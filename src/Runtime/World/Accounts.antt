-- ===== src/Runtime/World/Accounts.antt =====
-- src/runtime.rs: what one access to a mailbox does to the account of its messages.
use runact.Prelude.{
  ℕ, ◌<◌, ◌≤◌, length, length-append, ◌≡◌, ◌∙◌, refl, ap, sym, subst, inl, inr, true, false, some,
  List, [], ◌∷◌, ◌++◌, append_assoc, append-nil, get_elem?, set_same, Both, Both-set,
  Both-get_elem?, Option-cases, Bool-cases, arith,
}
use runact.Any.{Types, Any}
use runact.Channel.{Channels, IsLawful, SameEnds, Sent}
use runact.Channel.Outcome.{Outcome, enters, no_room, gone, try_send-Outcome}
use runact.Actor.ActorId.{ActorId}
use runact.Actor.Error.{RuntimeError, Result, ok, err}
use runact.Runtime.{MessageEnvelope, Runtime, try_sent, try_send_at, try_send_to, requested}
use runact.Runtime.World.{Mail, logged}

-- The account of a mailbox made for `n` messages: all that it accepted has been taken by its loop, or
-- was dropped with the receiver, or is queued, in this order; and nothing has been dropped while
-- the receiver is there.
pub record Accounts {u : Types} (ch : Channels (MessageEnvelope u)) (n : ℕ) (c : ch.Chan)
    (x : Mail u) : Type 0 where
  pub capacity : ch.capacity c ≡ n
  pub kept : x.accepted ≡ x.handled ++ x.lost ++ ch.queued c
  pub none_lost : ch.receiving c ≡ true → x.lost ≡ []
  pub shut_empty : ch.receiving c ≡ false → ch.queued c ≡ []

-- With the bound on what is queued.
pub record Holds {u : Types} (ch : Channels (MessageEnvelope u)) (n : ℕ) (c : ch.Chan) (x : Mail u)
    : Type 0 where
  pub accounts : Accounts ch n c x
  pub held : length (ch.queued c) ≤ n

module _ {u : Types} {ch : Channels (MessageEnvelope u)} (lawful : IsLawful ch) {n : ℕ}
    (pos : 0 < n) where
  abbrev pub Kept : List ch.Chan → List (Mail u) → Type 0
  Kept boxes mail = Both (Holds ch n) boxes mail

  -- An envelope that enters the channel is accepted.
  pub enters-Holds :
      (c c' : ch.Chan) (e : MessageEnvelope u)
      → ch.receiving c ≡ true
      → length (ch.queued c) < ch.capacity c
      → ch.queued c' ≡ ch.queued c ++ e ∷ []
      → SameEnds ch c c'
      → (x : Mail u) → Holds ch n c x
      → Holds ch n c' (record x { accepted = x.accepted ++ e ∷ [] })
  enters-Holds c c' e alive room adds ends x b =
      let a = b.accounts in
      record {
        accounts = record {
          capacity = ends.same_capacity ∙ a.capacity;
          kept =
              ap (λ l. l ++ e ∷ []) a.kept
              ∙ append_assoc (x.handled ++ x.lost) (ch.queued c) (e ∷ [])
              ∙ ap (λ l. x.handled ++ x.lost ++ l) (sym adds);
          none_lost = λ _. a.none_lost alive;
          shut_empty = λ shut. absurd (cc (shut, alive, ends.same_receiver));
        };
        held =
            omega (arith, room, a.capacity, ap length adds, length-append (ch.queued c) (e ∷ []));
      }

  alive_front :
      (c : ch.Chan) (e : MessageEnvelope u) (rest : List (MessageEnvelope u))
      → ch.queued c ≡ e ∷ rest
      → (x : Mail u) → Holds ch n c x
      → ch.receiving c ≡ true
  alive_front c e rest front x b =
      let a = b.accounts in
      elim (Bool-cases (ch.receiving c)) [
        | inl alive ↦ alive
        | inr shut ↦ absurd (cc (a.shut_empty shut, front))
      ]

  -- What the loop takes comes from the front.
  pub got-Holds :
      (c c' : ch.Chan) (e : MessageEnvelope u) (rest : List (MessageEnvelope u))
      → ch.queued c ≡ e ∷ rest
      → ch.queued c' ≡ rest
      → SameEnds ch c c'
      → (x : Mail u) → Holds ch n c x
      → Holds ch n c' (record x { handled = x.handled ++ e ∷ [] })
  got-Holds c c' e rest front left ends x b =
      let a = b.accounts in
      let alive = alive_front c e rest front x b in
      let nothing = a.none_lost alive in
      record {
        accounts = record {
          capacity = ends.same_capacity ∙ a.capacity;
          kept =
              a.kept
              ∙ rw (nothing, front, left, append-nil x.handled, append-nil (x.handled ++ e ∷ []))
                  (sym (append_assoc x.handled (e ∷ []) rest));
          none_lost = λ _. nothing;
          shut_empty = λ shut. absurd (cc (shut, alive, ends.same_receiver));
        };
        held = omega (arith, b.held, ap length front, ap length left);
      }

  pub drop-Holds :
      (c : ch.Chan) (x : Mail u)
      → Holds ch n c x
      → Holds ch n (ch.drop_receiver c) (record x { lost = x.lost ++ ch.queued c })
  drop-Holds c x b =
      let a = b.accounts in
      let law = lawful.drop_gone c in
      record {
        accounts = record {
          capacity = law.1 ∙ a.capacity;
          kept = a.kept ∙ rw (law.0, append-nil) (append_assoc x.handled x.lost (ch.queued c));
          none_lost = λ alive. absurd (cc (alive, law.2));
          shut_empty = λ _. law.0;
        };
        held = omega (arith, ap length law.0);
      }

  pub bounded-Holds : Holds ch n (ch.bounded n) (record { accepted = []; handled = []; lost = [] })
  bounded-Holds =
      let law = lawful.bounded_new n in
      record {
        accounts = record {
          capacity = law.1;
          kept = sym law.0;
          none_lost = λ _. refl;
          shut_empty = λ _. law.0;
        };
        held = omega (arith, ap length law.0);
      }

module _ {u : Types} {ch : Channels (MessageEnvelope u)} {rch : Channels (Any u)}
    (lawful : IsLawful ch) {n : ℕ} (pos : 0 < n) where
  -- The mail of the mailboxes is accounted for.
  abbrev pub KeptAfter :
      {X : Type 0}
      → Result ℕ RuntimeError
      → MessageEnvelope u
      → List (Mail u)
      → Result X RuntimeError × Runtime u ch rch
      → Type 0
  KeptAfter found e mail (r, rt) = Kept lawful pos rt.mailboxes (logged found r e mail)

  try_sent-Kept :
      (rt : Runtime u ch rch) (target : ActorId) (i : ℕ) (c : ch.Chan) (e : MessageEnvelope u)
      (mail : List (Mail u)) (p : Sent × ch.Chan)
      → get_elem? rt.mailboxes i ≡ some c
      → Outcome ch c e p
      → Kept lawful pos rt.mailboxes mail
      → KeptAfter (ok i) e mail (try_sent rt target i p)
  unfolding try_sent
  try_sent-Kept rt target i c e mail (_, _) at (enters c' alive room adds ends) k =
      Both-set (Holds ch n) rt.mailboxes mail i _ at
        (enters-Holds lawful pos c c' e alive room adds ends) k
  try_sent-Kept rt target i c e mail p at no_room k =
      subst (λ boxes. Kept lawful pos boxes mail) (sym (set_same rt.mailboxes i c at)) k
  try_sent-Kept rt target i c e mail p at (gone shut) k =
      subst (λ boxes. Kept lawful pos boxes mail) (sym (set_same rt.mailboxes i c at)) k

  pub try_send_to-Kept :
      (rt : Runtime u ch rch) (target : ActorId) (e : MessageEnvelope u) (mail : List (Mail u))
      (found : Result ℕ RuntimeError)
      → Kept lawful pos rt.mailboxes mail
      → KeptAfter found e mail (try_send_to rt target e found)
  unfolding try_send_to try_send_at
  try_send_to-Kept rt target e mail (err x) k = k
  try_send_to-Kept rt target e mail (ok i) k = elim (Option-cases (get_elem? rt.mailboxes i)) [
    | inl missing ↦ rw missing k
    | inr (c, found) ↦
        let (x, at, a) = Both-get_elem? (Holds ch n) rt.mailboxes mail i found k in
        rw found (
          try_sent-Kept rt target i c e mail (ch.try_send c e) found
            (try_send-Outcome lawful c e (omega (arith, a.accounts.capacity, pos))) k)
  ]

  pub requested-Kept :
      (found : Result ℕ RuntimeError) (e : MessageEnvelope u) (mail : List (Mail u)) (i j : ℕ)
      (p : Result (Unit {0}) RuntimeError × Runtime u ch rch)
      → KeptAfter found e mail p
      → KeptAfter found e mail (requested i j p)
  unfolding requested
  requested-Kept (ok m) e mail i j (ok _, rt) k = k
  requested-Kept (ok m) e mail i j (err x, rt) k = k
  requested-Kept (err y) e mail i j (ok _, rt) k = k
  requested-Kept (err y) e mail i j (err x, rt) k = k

### YOUR OBJECTIVE:
In the entries above, copy each line that contains the string "held".

### SOLUTION FOR THIS EXERCISE:
  pub held : length (ch.queued c) ≤ n
        held =
        held = omega (arith, b.held, ap length front, ap length left);
        held = omega (arith, ap length law.0);
        held = omega (arith, ap length law.0);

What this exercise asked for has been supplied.